### [Work required]
Go through the entries below and collect each line with the string "List" in it.

### [Data shown]
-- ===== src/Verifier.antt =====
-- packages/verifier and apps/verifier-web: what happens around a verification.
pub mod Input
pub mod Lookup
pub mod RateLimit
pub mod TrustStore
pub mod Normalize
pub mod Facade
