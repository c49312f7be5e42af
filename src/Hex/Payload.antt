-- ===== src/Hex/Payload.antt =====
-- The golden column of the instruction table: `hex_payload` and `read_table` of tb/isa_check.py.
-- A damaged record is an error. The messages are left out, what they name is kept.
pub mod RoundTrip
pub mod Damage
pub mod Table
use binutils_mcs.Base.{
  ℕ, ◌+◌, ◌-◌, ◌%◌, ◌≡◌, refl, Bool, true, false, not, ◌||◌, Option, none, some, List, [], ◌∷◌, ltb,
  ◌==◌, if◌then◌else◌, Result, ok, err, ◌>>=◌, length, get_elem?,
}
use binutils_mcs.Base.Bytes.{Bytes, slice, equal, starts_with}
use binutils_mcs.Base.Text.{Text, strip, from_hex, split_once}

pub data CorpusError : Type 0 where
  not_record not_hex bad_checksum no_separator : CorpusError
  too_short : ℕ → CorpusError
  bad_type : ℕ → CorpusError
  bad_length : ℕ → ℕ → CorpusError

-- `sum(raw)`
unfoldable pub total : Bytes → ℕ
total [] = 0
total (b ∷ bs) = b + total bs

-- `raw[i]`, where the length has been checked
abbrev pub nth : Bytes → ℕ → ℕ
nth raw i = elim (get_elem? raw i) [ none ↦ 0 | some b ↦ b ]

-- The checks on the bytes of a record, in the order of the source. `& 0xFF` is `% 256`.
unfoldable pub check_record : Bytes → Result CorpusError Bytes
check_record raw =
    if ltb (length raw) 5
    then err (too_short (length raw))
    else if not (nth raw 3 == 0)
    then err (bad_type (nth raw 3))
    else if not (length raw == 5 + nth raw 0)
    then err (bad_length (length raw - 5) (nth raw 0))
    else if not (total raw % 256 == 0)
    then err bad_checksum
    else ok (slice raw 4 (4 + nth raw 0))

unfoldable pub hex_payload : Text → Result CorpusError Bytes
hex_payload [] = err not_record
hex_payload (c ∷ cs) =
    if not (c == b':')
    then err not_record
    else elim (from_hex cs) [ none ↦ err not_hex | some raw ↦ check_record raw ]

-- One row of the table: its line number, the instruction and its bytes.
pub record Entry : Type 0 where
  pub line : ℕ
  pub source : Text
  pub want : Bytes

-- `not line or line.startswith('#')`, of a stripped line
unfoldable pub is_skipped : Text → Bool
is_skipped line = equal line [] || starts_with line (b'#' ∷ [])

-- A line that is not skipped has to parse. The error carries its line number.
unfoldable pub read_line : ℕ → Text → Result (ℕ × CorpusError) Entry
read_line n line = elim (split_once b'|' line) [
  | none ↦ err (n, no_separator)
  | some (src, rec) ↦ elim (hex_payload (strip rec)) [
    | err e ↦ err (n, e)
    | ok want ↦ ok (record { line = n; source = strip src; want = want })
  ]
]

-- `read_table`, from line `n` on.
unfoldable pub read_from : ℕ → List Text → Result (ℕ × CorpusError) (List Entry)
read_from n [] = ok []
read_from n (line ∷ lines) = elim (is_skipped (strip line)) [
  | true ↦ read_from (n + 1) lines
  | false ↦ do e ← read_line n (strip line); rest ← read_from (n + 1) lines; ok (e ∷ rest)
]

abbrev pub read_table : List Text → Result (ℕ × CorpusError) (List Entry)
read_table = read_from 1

### [Response area]
  ℕ, ◌+◌, ◌-◌, ◌%◌, ◌≡◌, refl, Bool, true, false, not, ◌||◌, Option, none, some, List, [], ◌∷◌, ltb,
unfoldable pub read_from : ℕ → List Text → Result (ℕ × CorpusError) (List Entry)
abbrev pub read_table : List Text → Result (ℕ × CorpusError) (List Entry)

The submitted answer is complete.